• _Exercise goal_
Only the count is needed. Count the lines below with the word "where" in them.

• _Data to process_

-- ===== src/Protocol.antt =====
-- The message payloads of `core/include/fsx/protocol/`, a module for each message, and the steps that
-- their `serialize` and `deserialize` share. A string is the list of its bytes.
pub mod Message
pub mod FileOfferReq
pub mod FileOfferResp
pub mod FileAcceptReq
pub mod FileAcceptResp
pub mod FileChunk
pub mod FileDone
pub mod FileResult
pub mod RegisterReq
pub mod RegisterResp
pub mod LoginReq
pub mod LoginResp
pub mod OnlineListResp
pub mod Fields
pub mod RoundTrip
pub mod Safety
pub mod Framing
use computer_network_final_p.Base.{
  ℕ, ◌+◌, ◌%◌, Bool, String, List, [], ◌++◌, length, ltb, leb, if◌then◌else◌, Result, ok, ◌>>=◌,
  ◌>>◌, throw_if,
}
use computer_network_final_p.Wire.{Endian, put, get, get_bytes}

-- `uint16_t len_be = htons((uint16_t)s.size());`, its two bytes, then the bytes of `s`.
unfoldable pub put_text : Endian → List ℕ → List ℕ
put_text h s = put h 2 (length s % 65536) ++ s

-- A length and as many bytes, refused with `invalid` where they do not fit; with the next position.
unfoldable pub get_text : Endian → List ℕ → ℕ → String → Result (List ℕ × ℕ)
get_text h payload pos invalid = do
  n ← get h 2 payload pos
  throw_if (ltb (length payload) (pos + 2 + n)) invalid
  s ← get_bytes payload (pos + 2) n
  ok (s, pos + 2 + n)

-- A length and as many bytes, empty where either is missing.
unfoldable pub optional_text : Endian → List ℕ → ℕ → Result (List ℕ)
optional_text h payload pos =
    if leb (pos + 2) (length payload)
    then (do
      n ← get h 2 payload pos
      if leb (pos + 2 + n) (length payload) then get_bytes payload (pos + 2) n else ok [])
    else ok []
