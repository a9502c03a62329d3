-- ===== src/Protocol/RegisterReq.antt =====
-- `struct RegisterReq` of `core/include/fsx/protocol/auth_messages.h`.
use computer_network_final_p.Base.{ℕ, ◌+◌, List, length, ltb, Result, ok, ◌>>=◌, ◌>>◌, throw_if}
use computer_network_final_p.Wire.{Endian}
use computer_network_final_p.Protocol.{get_text}

pub record RegisterReq : Type 0 where
  pub username : List ℕ
  pub email : List ℕ
  pub password : List ℕ

unfoldable pub deserialize : Endian → List ℕ → Result RegisterReq
deserialize h payload = do
  throw_if (ltb (length payload) 6) "REGISTER_REQ: payload too short"
  (username, p1) ← get_text h payload 0 "REGISTER_REQ: invalid username_len"
  throw_if (ltb (length payload) (p1 + 2)) "REGISTER_REQ: missing email_len"
  (email, p2) ← get_text h payload p1 "REGISTER_REQ: invalid email_len"
  throw_if (ltb (length payload) (p2 + 2)) "REGISTER_REQ: missing password_len"
  (password, p3) ← get_text h payload p2 "REGISTER_REQ: invalid password_len"
  ok (record { username = username; email = email; password = password })
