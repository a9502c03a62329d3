-- ===== src/Protocol/RegisterResp.antt =====
-- `struct RegisterResp` of `core/include/fsx/protocol/auth_messages.h`.
use computer_network_final_p.Base.{ℕ, Bool, List, ◌∷◌, if◌then◌else◌}
use computer_network_final_p.Wire.{Endian}
use computer_network_final_p.Protocol.{put_text}

pub record RegisterResp : Type 0 where
  pub is_ok : Bool
  pub msg : List ℕ

unfoldable pub serialize : Endian → RegisterResp → List ℕ
serialize h r = (if r.is_ok then 1 else 0) ∷ put_text h r.msg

• _Response to this exercise_
4